Ungefähr eine Woche vor dem Ende ihrer Urlaubszeit wagte sie den Weg zum Briefkasten ihrer Kollegin. Es war kurz nach zehn Uhr abends, als sie in die Straße einbog, wo Mona wohnte. Sie blickte noch einmal auf die Anschrift des Briefes: Akazienweg neun, eine Sackgasse. Vor dem Haus kreisten ein paar Jugendliche mit ihren Mofas um ein Blumenrondell herum und ließen die frisierten Motoren aufheulen. Damit hatte sie nicht gerechnet. Kinder gehörten doch um diese Zeit nach Hause! Das war ja wie im Mezzogiorno! Sie wäre am liebsten umgekehrt. Womöglich gehörten Monas Knaben auch zu den Krachmachern.
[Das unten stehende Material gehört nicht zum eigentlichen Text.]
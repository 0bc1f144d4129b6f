-- ===== src/Iotop/Sort.antt =====
-- `sort_diff` of iotop-master/src/views.c and the keys that change the order. The array from `i` on is a
-- list whose first element is the one that is compared with each of the others.
pub mod Exchange
pub mod Keys
use reading_comment.Common.{
  ℕ, zero, suc, ◌+◌, Bool, true, false, not, Option, none, some, List, [], ◌∷◌, ◌++◌, length, slt32,
  if◌then◌else◌,
}
use reading_comment.Common.Strings.{strcmp, is_above}
use reading_comment.Iotop.Types.{Doubles, XxxidStats}

pub data SortBy : Type 0 where
  by_pid by_prio by_user by_read by_write by_swapin by_io by_command : SortBy

pub data SortOrder : Type 0 where
  desc asc : SortOrder

-- `found` for `d[k]` and `d[i]`
abbrev pub found : {D : Type 0} ⦃d : Doubles D⦄ → SortBy → XxxidStats D → XxxidStats D → Bool
found by_prio k i = slt32 i.io_prio k.io_prio
found by_command k i = is_above (strcmp k.cmdline i.cmdline)
found by_pid k i = slt32 i.tid k.tid
found by_user k i = slt32 i.euid k.euid
found ⦃d⦄ by_read k i = d.gt k.read_val i.read_val
found ⦃d⦄ by_write k i = d.gt k.write_val i.write_val
found ⦃d⦄ by_swapin k i = d.gt k.swapin_val i.swapin_val
found ⦃d⦄ by_io k i = d.gt k.blkio_val i.blkio_val

module _ {A : Type 0} (greater : A → A → Bool) where
  -- The loop over `k`, with `d[i]` apart: what `d[i]` is at the end, and what stands behind it.
  unfoldable pub sweep : A → List A → A × List A
  sweep h [] = (h, [])
  sweep h (x ∷ xs) =
      if greater x h
      then ((sweep x xs).0, h ∷ (sweep x xs).1)
      else ((sweep h xs).0, x ∷ (sweep h xs).1)

  -- The loop over `i`, of as many rounds as there are elements. At `k = i` the element is compared with
  -- itself, and an exchange with itself changes nothing.
  unfoldable pub exchange : ℕ → List A → List A
  exchange zero xs = xs
  exchange (suc n) [] = []
  exchange (suc n) (x ∷ xs) = (sweep x xs).0 ∷ exchange n (sweep x xs).1

-- The copy into `rev` and back
unfoldable pub reversed : {A : Type 0} → List A → List A
reversed [] = []
reversed (x ∷ xs) = reversed xs ++ (x ∷ [])

abbrev pub in_order : {A : Type 0} → SortOrder → List A → List A
in_order desc xs = xs
in_order asc xs = reversed xs

-- `sort_diff`; `none` is the write in front of the array that the last line makes when there is no
-- element.
unfoldable pub sort_diff :
    {D : Type 0} ⦃d : Doubles D⦄
    → SortBy
    → SortOrder
    → List (XxxidStats D)
    → Option (List (XxxidStats D))
sort_diff by order [] = none
sort_diff by order (x ∷ xs) = some (in_order order (exchange (found by) (length (x ∷ xs)) (x ∷ xs)))

-- KEY_RIGHT and KEY_LEFT in `curses_sleep`
unfoldable pub next_key : SortBy → SortBy
next_key by_pid = by_prio
next_key by_prio = by_user
next_key by_user = by_read
next_key by_read = by_write
next_key by_write = by_swapin
next_key by_swapin = by_io
next_key by_io = by_command
next_key by_command = by_pid

unfoldable pub previous_key : SortBy → SortBy
previous_key by_pid = by_command
previous_key by_prio = by_pid
previous_key by_user = by_prio
previous_key by_read = by_user
previous_key by_write = by_read
previous_key by_swapin = by_write
previous_key by_io = by_swapin
previous_key by_command = by_io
Aber Blödsinn! Die kannten sie ja nicht. Und der Brief musste unbedingt ankommen.
Hannah suchte gerade in dem umfangreichen Briefkastenangebot nach dem richtigen Namen, als sich die Haustür öffnete und ein Mann mittleren Alters heraustrat. Er trug Jogginghosen und ein Handtuch um den Hals. Siedend heiß fiel Hannah ein, dass Mona ihre Familie als äußerst sportbegeistert beschrieben hatte, besonders ihren Mann. Ein Marathonläufer!
„Kann ich Ihnen helfen?“, fragte er höflich und drückte auf den Lichtschalter.
„Oh, vielen Dank ... Ich suche nach ... Familie Dirksen.“ Gott sei Dank war ihr noch schnell ein Name eingefallen.
„Familie Dirksen? Hier im Haus? Ich fürchte, da haben Sie sich vertan. Vielleicht die falsche Hausnummer. Darf ich mal sehen?“
Aber Hannah hatte den Brief schnell wieder in ihrer Handtasche verstaut.
„Ein paar Häuser weiter gibt es eine Familie Dirksen. Der Junge mit dem schwarz-gelben Mofa gehört dazu.“
„Aha. Besten Dank. Dann werde ich den mal fragen.“
„Keine Ursache! Und schönen Abend noch.“ Ein kurzer Pfiff in Richtung der Mopedfreaks und er trabte los. Hannah schaute ihm nach, bis er um die Ecke bog. Der Briefkastendeckel klapperte zwar ein wenig, als sie den Brief endlich einwerfen konnte, aber der Junge, der nun nach Hause beordert war, nahm keinerlei Notiz von ihr.
Soweit verlief alles nach Plan. Noch nie hatte sich Hannah so gut erholt. Und noch nie hatte sie sich so sehr auf den ersten Tag nach dem Urlaub gefreut. Am letzten Sonntagabend hielt sie es nicht mehr aus. Von einer Telefonzelle aus rief sie Mona an. Ja, den Brief hatten sie bekommen, allerdings hatte er zwei Wochen gebraucht.
„Willst du nicht mit dieser Ala am Mittwochabend mal auf einen Sprung rüberkommen? Peter, mein Jüngster, hat da so ein paar Fragen. Er sammelt nämlich Briefmarken, speziell aus dem Mittelmeerraum.“ Da wusste Hannah, dass sie ihrer Fantasie noch keinen Urlaub gönnen durfte.